- Required action: Scan the data below and report how many lines include the word "List". Nothing else is wanted.

- Given information:
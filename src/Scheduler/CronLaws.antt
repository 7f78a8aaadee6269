-- ===== src/Scheduler/CronLaws.antt =====
-- The search of nextCron in source/internal/scheduler/scheduler.go finds the first minute that matches.
use bonghos.Base.{
  inr, inl, ℕ, zero, suc, ◌+◌, ◌%◌, ◌≤◌, ◌<◌, ◌≡◌, refl, sym, ap, ◌∙◌, true, false, some, ltb,
  Bool-cases, arith,
}
use bonghos.Base.Text.{Text}
use bonghos.Base.Parse.{fields_of}
use bonghos.Scheduler.Cron.{
  Reading, CronSets, matches, CronResult, found, bad_expression, no_match, out_of_fuel, cron_search,
  cron_sets, next_minute, next_cron,
}

module _ (reading : ℕ → Reading) (sets : CronSets) where
  -- A full minute at which the expression matches.
  abbrev pub IsMatch : ℕ → Type 0
  IsMatch t = (t % 60 ≡ 0) × (matches sets (reading t) ≡ true)

  -- The first such minute from `start` on.
  pub record IsFirst (start t : ℕ) : Type 0 where
    pub from : start ≤ t
    pub is_match : IsMatch t
    pub first : (u : ℕ) → start ≤ u → IsMatch u → t ≤ u

  module _ (limit : ℕ) where
    search : (fuel t : ℕ) → CronResult
    search fuel t = cron_search fuel reading sets limit t

    past_limit :
        (fuel t : ℕ) → ltb t limit ≡ false → cron_search (suc fuel) reading sets limit t ≡ no_match
    unfolding cron_search
    past_limit fuel t h = rw h refl

    at_match :
        (fuel t : ℕ)
        → ltb t limit ≡ true
        → matches sets (reading t) ≡ true
        → cron_search (suc fuel) reading sets limit t ≡ found t
    unfolding cron_search
    at_match fuel t h m = rw (h, m) refl

    at_mismatch :
        (fuel t : ℕ)
        → ltb t limit ≡ true
        → matches sets (reading t) ≡ false
        → cron_search (suc fuel) reading sets limit t ≡ cron_search fuel reading sets limit (t + 60)
    unfolding cron_search
    at_mismatch fuel t h m = rw (h, m) refl

    -- What the search from `t` means.
    abbrev pub IsAnswer : ℕ → CronResult → Type 0
    IsAnswer t (found x) = (x < limit) × IsFirst t x
    IsAnswer t no_match = (u : ℕ) → t ≤ u → IsMatch u → limit ≤ u
    IsAnswer t bad_expression = ⊥
    IsAnswer t out_of_fuel = ⊥

    next-IsAnswer :
        (t : ℕ) (r : CronResult)
        → t % 60 ≡ 0
        → matches sets (reading t) ≡ false
        → IsAnswer (t + 60) r
        → IsAnswer t r
    next-IsAnswer t (found x) g m (b, f) = (
      b,
      record {
        from = let c = f.from in omega arith;
        is_match = f.is_match;
        first = λ u s i. f.first u (later u s i) i;
      },
    )
      where
        later : (u : ℕ) → t ≤ u → IsMatch u → t + 60 ≤ u
        later u s (d, i) = elim (Bool-cases (ltb t u)) [
          | inl h ↦ ground (arith, h, g, d)
          | inr h ↦
              let e : u ≡ t = ground (arith, h, s) in
              absurd
                (let k : true ≡ false = sym i ∙ (ap (λ w. matches sets (reading w)) e ∙ m) in cc k)
        ]
    next-IsAnswer t no_match g m h = λ u s i. elim (Bool-cases (ltb t u)) [
      | inl k ↦ h u (let d = i.0 in ground (arith, k, g, d)) i
      | inr k ↦
          let e : u ≡ t = ground (arith, k, s) in
          absurd
            (let q : true ≡ false = sym i.1 ∙ (ap (λ w. matches sets (reading w)) e ∙ m) in cc q)
    ]
    next-IsAnswer t bad_expression g m h = h
    next-IsAnswer t out_of_fuel g m h = h

    pub cron_search-IsAnswer :
        (fuel t : ℕ)
        → t % 60 ≡ 0
        → 1 ≤ fuel
        → limit + 1 ≤ fuel + t
        → IsAnswer t (cron_search fuel reading sets limit t)
    cron_search-IsAnswer zero t g p q = absurd (omega arith)
    cron_search-IsAnswer (suc fuel) t g p q = elim (Bool-cases (ltb t limit)) [
      | inr h ↦ rw (past_limit fuel t h) (λ u s i. ground (arith, h, s))
      | inl h ↦ elim (Bool-cases (matches sets (reading t))) [
        | inl m ↦ rw (at_match fuel t h m) (
          ground (arith, h),
          record { from = omega arith; is_match = (g, m); first = λ u s i. s },
        )
        | inr m ↦ rw (at_mismatch fuel t h m) (
            next-IsAnswer t _ g m (
              cron_search-IsAnswer fuel (t + 60) (omega arith) (ground (arith, h, q))
                (omega arith)))
      ]
    ]

-- For an expression that stands for sets of minutes, hours, days, months and weekdays, the search ends: with
-- the first matching minute behind `after` if there is one before the limit, and else with no answer.
pub next_cron-IsAnswer :
    (reading : ℕ → Reading) (two_years_later : ℕ → ℕ) (expr : Text) (after : ℕ) (sets : CronSets)
    → cron_sets (fields_of expr) ≡ some sets
    → IsAnswer reading sets
        (two_years_later after)
        (next_minute after)
        (next_cron reading two_years_later expr after)
unfolding next_cron
next_cron-IsAnswer reading two_years_later expr after sets h = rw h (
    cron_search-IsAnswer reading sets (two_years_later after) (two_years_later after + 1)
      (next_minute after) (omega arith) (omega arith) (omega arith))

-- The minutes from where the search starts are those behind `after`.
pub next_minute_iff :
    (after u : ℕ)
    → u % 60 ≡ 0
    → (next_minute after ≤ u → after < u) × (after < u → next_minute after ≤ u)
next_minute_iff after u h = (λ p. omega arith, λ p. omega arith)
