-- ===== src/Scheduler/CronValues.antt =====
-- The loop of cronField in source/internal/scheduler/scheduler.go: it ends for every 64-bit step, and what
-- it collects.
use bonghos.Base.{
  ℕ, zero, suc, ◌+◌, ◌-◌, ◌*◌, ◌%◌, ◌^◌, ◌≤◌, ◌<◌, ◌≡◌, ◌≢◌, ◌↔◌, refl, sym, ap, ◌∙◌, ◌⊎◌, inl, inr,
  true, false, List, [], ◌∷◌, Option, none, some, leb, In, Bool-cases, arith,
}
use bonghos.Scheduler.Cron.{at_most, add_value, enough, cron_values}

-- One round of the loop.
round :
    (fuel v end step : ℕ)
    → at_most v end ≡ true
    → cron_values (suc fuel) v end step
      ≡ add_value v (cron_values fuel ((v + step) % 2 ^ 64) end step)
unfolding cron_values
round fuel v end step h = rw h refl

last_round :
    (fuel v end step : ℕ) → at_most v end ≡ false → cron_values (suc fuel) v end step ≡ some []
unfolding cron_values
last_round fuel v end step h = rw h refl

-- The values start, start + step, start + 2 * step and so on that are at most `end`.
abbrev pub IsStep : ℕ → ℕ → ℕ → ℕ → Type 0
IsStep start end step v = (k : ℕ) × ((v ≡ start + k * step) × (v ≤ end))

-- Exactly the values in steps were collected.
abbrev pub Collects : ℕ → ℕ → ℕ → Option (List ℕ) → Type 0
Collects start end step o =
    (vs : List ℕ) × ((o ≡ some vs) × ((v : ℕ) → In v vs ↔ IsStep start end step v))

IsStep-again :
    (start end step v : ℕ)
    → IsStep start end step v
    → (v ≡ start) ⊎ IsStep (start + step) end step v
IsStep-again start end step v (zero, (e, b)) = inl (omega arith)
IsStep-again start end step v (suc k, (e, b)) = inr (k, (ground arith, b))

again-IsStep : (start end step v : ℕ) → IsStep (start + step) end step v → IsStep start end step v
again-IsStep start end step v (k, (e, b)) = (suc k, (ground arith, b))

Collects-[] : (start end step : ℕ) → end < start → Collects start end step (some [])
Collects-[] start end step h = ([], (refl, λ v. (λ m. absurd m, λ s. none_left v s)))
  where
    none_left : (v : ℕ) → IsStep start end step v → In v []
    none_left v (k, (e, b)) = absurd (omega arith)

Collects-add :
    (start end step : ℕ) (o : Option (List ℕ))
    → start ≤ end
    → Collects (start + step) end step o
    → Collects start end step (add_value start o)
Collects-add start end step o h (vs, (e, c)) =
    (start ∷ vs, (ap (add_value start) e, λ v. (into v, out v)))
  where
    into : (v : ℕ) → In v (start ∷ vs) → IsStep start end step v
    into v (inl q) = (0, (omega arith, omega arith))
    into v (inr m) = again-IsStep start end step v ((c v).0 m)

    out : (v : ℕ) → IsStep start end step v → In v (start ∷ vs)
    out v s = elim (IsStep-again start end step v s) [ inl q ↦ inl q | inr t ↦ inr ((c v).1 t) ]

collected :
    (fuel v end step : ℕ)
    → 1 ≤ step
    → end + step < 2 ^ 63
    → v < 2 ^ 63
    → 1 ≤ fuel
    → end + 2 ≤ fuel + v
    → Collects v end step (cron_values fuel v end step)
collected zero v end step p q r s t = absurd (omega arith)
collected (suc fuel) v end step p q r s t = elim (Bool-cases (at_most v end)) [
  | inl h ↦
      let small : v ≤ end = ground (arith, h) in
      let next : (v + step) % 2 ^ 64 ≡ v + step = omega arith in
      rw (round fuel v end step h, next)
        (Collects-add v end step _ small
          (collected fuel (v + step) end step p q (omega arith) (omega arith) (omega arith)))
  | inr h ↦ rw (last_round fuel v end step h) (Collects-[] v end step (ground (arith, h)))
]

-- When no addition overflows, the loop ends and collects exactly start, start + step and so on up to `end`.
pub cron_values-Collects :
    (start end step : ℕ)
    → 1 ≤ step
    → end + step < 2 ^ 63
    → start ≤ end
    → Collects start end step (cron_values (enough end) start end step)
cron_values-Collects start end step p q r =
    collected (enough end) start end step p q (omega arith) (omega arith) (omega arith)

ends_now : (fuel v end step : ℕ) → at_most v end ≡ false → cron_values (suc fuel) v end step ≢ none
ends_now fuel v end step h e = cc (sym (last_round fuel v end step h) ∙ e)

ends_later :
    (fuel v end step : ℕ)
    → at_most v end ≡ true
    → cron_values fuel ((v + step) % 2 ^ 64) end step ≢ none
    → cron_values (suc fuel) v end step ≢ none
ends_later fuel v end step h k e =
    added (cron_values fuel ((v + step) % 2 ^ 64) end step) k (sym (round fuel v end step h) ∙ e)
  where
    added : (o : Option (List ℕ)) → o ≢ none → add_value v o ≢ none
    added none k e = k refl
    added (some vs) k e = cc e

stops : (fuel v end step : ℕ) → end < v → v < 2 ^ 63 → cron_values (suc fuel) v end step ≢ none
stops fuel v end step h k = ends_now fuel v end step (ground arith)

goes_on :
    (fuel v next end step : ℕ)
    → (v ≤ end) ⊎ (2 ^ 63 ≤ v)
    → (v + step) % 2 ^ 64 ≡ next
    → cron_values fuel next end step ≢ none
    → cron_values (suc fuel) v end step ≢ none
goes_on fuel v next end step (inl h) e k = ends_later fuel v end step (ground arith) (rw e k)
goes_on fuel v next end step (inr h) e k = ends_later fuel v end step (ground arith) (rw e k)

-- The loop of a step that overflows: two rounds lower the value, or end the loop two rounds later.
overflowing :
    (fuel v end step : ℕ)
    → end < 2 ^ 60
    → step < 2 ^ 63
    → 2 ^ 63 ≤ end + step
    → v ≤ end
    → v + 4 ≤ fuel
    → cron_values fuel v end step ≢ none
overflowing zero v end step p q r s t = absurd (omega arith)
overflowing (suc zero) v end step p q r s t = absurd (omega arith)
overflowing (suc (suc zero)) v end step p q r s t = absurd (omega arith)
overflowing (suc (suc (suc zero))) v end step p q r s t = absurd (omega arith)
overflowing (suc (suc (suc (suc fuel)))) v end step p q r s t =
    goes_on (suc (suc (suc fuel))) v (v + step) end step (inl s) (omega arith)
      (elim (le_cases (2 ^ 63) (v + step)) [
        | inr h ↦ stops (suc (suc fuel)) (v + step) end step (omega arith) h
        | inl h ↦ elim (le_cases (2 ^ 64) (v + step + step)) [
          | inl k ↦
              goes_on (suc (suc fuel)) (v + step) (v + step + step - 2 ^ 64) end step (inr h)
                (omega arith)
                (overflowing (suc (suc fuel)) (v + step + step - 2 ^ 64) end step p q r
                  (omega arith) (omega arith))
          | inr k ↦
              goes_on (suc (suc fuel)) (v + step) (v + step + step) end step (inr h) (omega arith) (
                goes_on (suc fuel) (v + step + step) (v + step + step + step - 2 ^ 64) end step
                  (inr (omega arith)) (omega arith)
                  (stops fuel (v + step + step + step - 2 ^ 64) end step (omega arith)
                    (omega arith)))
        ]
      ])
  where
    le_cases : (a b : ℕ) → (a ≤ b) ⊎ (b < a)
    le_cases a b = elim (Bool-cases (leb a b)) [
      | inl h ↦ inl (ground (arith, h))
      | inr h ↦ inr (ground (arith, h))
    ]

-- For every positive 64-bit step, one whose additions overflow too, the loop over a range whose end is small
-- comes to an end.
pub cron_values_ends :
    (start end step : ℕ)
    → 1 ≤ step
    → step < 2 ^ 63
    → start ≤ end
    → end < 2 ^ 60
    → cron_values (enough end) start end step ≢ none
cron_values_ends start end step p q r s = elim (Bool-cases (leb (2 ^ 63) (end + step))) [
  | inl h ↦ overflowing (enough end) start end step s q (ground (arith, h)) r (omega arith)
  | inr h ↦ ended (cron_values-Collects start end step p (ground (arith, h)) r)
]
  where
    ended :
        Collects start end step (cron_values (enough end) start end step)
        → cron_values (enough end) start end step ≢ none
    ended (vs, (e, c)) n = cc (sym e ∙ n)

- Output: 5